Question

What does it mean if a solution has a pH of 6.0?

Answer 1

That it contains `10` times more hydronium cations than a neutral solution at room temperature.

Explanation:

As you know, the `"pH"` of a solution is a measure of the concentration of hydronium cations, `"H"_3"O"^(+)`, present in this solution.

More specifically, to find the `"pH"` of a solution, you need to take the negative log base `10` of the concentration of hydronium cations.

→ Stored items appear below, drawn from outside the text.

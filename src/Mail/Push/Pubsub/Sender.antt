-- ===== src/Mail/Push/Pubsub/Sender.antt =====
-- Whose push requests are accepted.
use mail_control.Base.{
  ℕ, ◌≡◌, refl, String, Bool, true, ◌&&◌, not, Option, none, some, List, [], ◌∷◌, arith, inl, inr,
  Bool-cases, Option-cases, same, same_opt, truthy_opt, eq_iff, All, ltb, ◌∙◌, ap,
}
use mail_control.Base.Exec.{is_ok}
use mail_control.Identity.Models.{TextOps}
use mail_control.Mail.Push.Pubsub.{
  Claims, PushRequest, bearer, Cache, is_cached, token_tail, is_accepted, on_claims, on_token,
  verify_pubsub_push_request,
}

-- At some time Google named the expected account for the token, as a verified address, and the
-- expected audience where there is one.
pub record IsNamed (tokeninfo : ℕ → String → Option Claims) (r : PushRequest) (token : String)
    : Type 0 where
  pub asked_at : ℕ
  pub claims : Claims
  pub answered : tokeninfo asked_at token ≡ some claims
  pub account : claims.email ≡ r.expected_service_account
  pub verified : claims.email_verified ≡ true
  pub audience : truthy_opt r.expected_audience ≡ true → claims.audience ≡ r.expected_audience

-- A named token ends like this one.
abbrev pub IsVouched : (ℕ → String → Option Claims) → PushRequest → String → Type 0
IsVouched tokeninfo r tail =
    (token : String) × (token_tail token ≡ tail) × IsNamed tokeninfo r token

same_opt_sound : (a b : Option String) → same_opt same a b ≡ true → a ≡ b
same_opt_sound none none h = refl
same_opt_sound none (some b) h = absurd (ground (arith, h))
same_opt_sound (some a) none h = absurd (ground (arith, h))
same_opt_sound (some a) (some b) h = ap some (ground (arith, h, eq_iff a b))

-- A request of a time, with the parts that its sender chooses.
pub record Attempt : Type 0 where
  pub at : ℕ
  pub authorization : Option String
  pub provided_token : Option String

module _ (ops : TextOps) (tokeninfo : ℕ → String → Option Claims) (r : PushRequest) where
  abbrev pub request_of : Attempt → PushRequest
  request_of a = record r { authorization = a.authorization; provided_token = a.provided_token }

  -- The cache after the requests of a list, under the settings that `r` holds.
  unfoldable pub verify_all : List Attempt → Cache → Cache
  verify_all [] cache = cache
  verify_all (a ∷ rest) cache =
      verify_all rest (verify_pubsub_push_request ops (tokeninfo a.at) a.at (request_of a) cache).1

  abbrev IsEarned : Cache → Type 0
  IsEarned cache = All (λ (tail, ends). IsVouched tokeninfo r tail) cache

  accepted-IsNamed :
      (a : Attempt) (token : String) (c : Claims)
      → tokeninfo a.at token ≡ some c
      → is_accepted ops (tokeninfo a.at) a.at (request_of a) c ≡ true
      → IsNamed tokeninfo r token
  accepted-IsNamed a token c answered h = record {
    asked_at = a.at;
    claims = c;
    answered = answered;
    account = same_opt_sound c.email r.expected_service_account (ground (arith, h));
    verified = ground (arith, h);
    audience = λ set. same_opt_sound c.audience r.expected_audience (ground (arith, h, set));
  }

  cached-IsVouched :
      (now : ℕ) (tail : String) (cache : Cache)
      → IsEarned cache
      → is_cached now tail cache ≡ true
      → IsVouched tokeninfo r tail
  cached-IsVouched now tail [] k h = absurd (ground (arith, h))
  cached-IsVouched now tail ((t, ends) ∷ rest) k h =
      elim (Bool-cases (same t tail && ltb now ends)) [
        | inl here ↦
            let (token, e, named) = k.0 in
            let own : t ≡ tail = ground (arith, here, eq_iff t tail) in (token, e ∙ own, named)
        | inr other ↦ cached-IsVouched now tail rest k.1 (ground (arith, h, other))
      ]

  -- What a request with a bearer token leaves in the cache, and whether it is accepted.
  token_checked :
      (a : Attempt) (cache : Cache)
      → IsEarned cache
      → IsEarned
          (on_token ops (tokeninfo a.at) a.at (request_of a) (bearer a.authorization) cache).1
        × (is_ok
                (on_token ops (tokeninfo a.at) a.at (request_of a) (bearer a.authorization) cache).0
              ≡ true
            → (rest : String) × (bearer a.authorization ≡ some rest)
              × IsVouched tokeninfo r (token_tail (ops.strip rest)))
  unfolding on_token on_claims
  token_checked a cache k = elim (Option-cases (bearer a.authorization)) [
    | inl missing ↦ rw (on_token, missing) (k, λ h. absurd (ground (arith, h)))
    | inr (rest, shown) ↦
        let token = ops.strip rest in
        elim (Bool-cases (is_cached a.at (token_tail token) cache)) [
          | inl cached ↦
              rw (on_token, shown, cached)
                (k, λ h. (rest, refl, cached-IsVouched a.at (token_tail token) cache k cached))
          | inr new ↦ elim (Option-cases (tokeninfo a.at token)) [
            | inl failed ↦ rw (on_token, shown, new, failed) (k, λ h. absurd (ground (arith, h)))
            | inr (c, answered) ↦
                elim (Bool-cases (is_accepted ops (tokeninfo a.at) a.at (request_of a) c)) [
                  | inr other ↦
                      rw (on_token, shown, new, answered, on_claims, other)
                        (k, λ h. absurd (ground (arith, h)))
                  | inl accepted ↦
                      let named = accepted-IsNamed a token c answered accepted in
                      rw (on_token, shown, new, answered, on_claims, accepted)
                        (((token, refl, named), k), λ h. (rest, refl, (token, refl, named)))
                ]
          ]
        ]
  ]

  abbrev is_wrong : Attempt → Bool
  is_wrong a =
      truthy_opt r.verification_token && not (same_opt same a.provided_token r.verification_token)

  verify-IsEarned :
      (a : Attempt) (cache : Cache)
      → IsEarned cache
      → IsEarned (verify_pubsub_push_request ops (tokeninfo a.at) a.at (request_of a) cache).1
  unfolding verify_pubsub_push_request
  verify-IsEarned a cache k = elim (Bool-cases (is_wrong a)) [
    | inl bad ↦ rw (verify_pubsub_push_request, bad) k
    | inr good ↦ elim (Bool-cases (truthy_opt r.expected_service_account)) [
      | inl set ↦ rw (verify_pubsub_push_request, good, set) (token_checked a cache k).0
      | inr unset ↦ rw (verify_pubsub_push_request, good, unset) k
    ]
  ]

  verify_all-IsEarned :
      (attempts : List Attempt) (cache : Cache)
      → IsEarned cache
      → IsEarned (verify_all attempts cache)
  unfolding verify_all
  verify_all-IsEarned [] cache k = k
  verify_all-IsEarned (a ∷ rest) cache k = verify_all-IsEarned rest _ (verify-IsEarned a cache k)

  -- Under settings that stay, from an empty cache and after any requests: one that is accepted shows
  -- the shared token where one is set; and where a service account is expected, it bears a token that
  -- has the last 32 characters of one for which Google named that account at some time, as a
  -- verified address, and the expected audience where there is one.
  pub verified_sender :
      (earlier : List Attempt) (a : Attempt)
      → is_ok
          (verify_pubsub_push_request ops
            (tokeninfo a.at)
            a.at
            (request_of a)
            (verify_all earlier [])).0
        ≡ true
      → (truthy_opt r.verification_token ≡ true → a.provided_token ≡ r.verification_token)
        × (truthy_opt r.expected_service_account ≡ true
            → (rest : String) × (bearer a.authorization ≡ some rest)
              × IsVouched tokeninfo r (token_tail (ops.strip rest)))
  unfolding verify_pubsub_push_request
  verified_sender earlier a h =
      let cache = verify_all earlier [] in
      elim (Bool-cases (is_wrong a)) [
        | inl bad ↦ absurd (ground (arith, (rw (verify_pubsub_push_request, bad) at h)))
        | inr good ↦ (
          λ set. same_opt_sound a.provided_token r.verification_token (ground (arith, good, set)),
          λ expected.
              (token_checked a cache (verify_all-IsEarned earlier [] tt)).1
                (rw (verify_pubsub_push_request, good, expected) at h),
        )
      ]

`"pH" = - log(["H"_3"O"^(+)])`

You can rewrite this equation as

`["H"_3"O"^(+)] = 10^(-"pH")`

Now, pure water at room temperature has

`"pH" = 7`

This implies that the concentration of hydronium cations in pure water at room temperature is equal to

`["H"_3"O"^(+)] = 10^(-7)color(white)(.)"M"`

`["H"_3"O"^(+)] = 1 * 10^(-7)color(white)(.)"M"`

In order for the `"pH"` of the solution to decrease by `1` unit, the concentration of hydronium cations must increase by an order of magnitude, i.e. `10`-fold.

So for `"pH" = 6.0`, you have

`["H"_3"O"^(+)] = 10^(-6.0)color(white)(.)"M"`

`["H"_3"O"^(+)] = 1 * 10^(-6)color(white)(.)"M"`

This corresponds to an increase by an order of magnitude in the concentration of hydronium cations, since

`(["H"_ 3"O"^(+)]_ "pH = 6.0")/(["H"_ 3"O"^(+)]_ "pH = 7") = (1 * 10^(-6)color(red)(cancel(color(black)("M"))))/(1 * 10^(-7)color(red)(cancel(color(black)("M")))) = 10`

You can thus say a solution that has a `"pH"` equal to `6.0` contains `10` times more hydronium cations than a solution that has `"pH" = 7`, i.e. than a neutral solution at room temperature.

This, of course, implies that you are dealing with a solution that is slightly acidic, since that is what `"pH" < 7` at room temperature implies.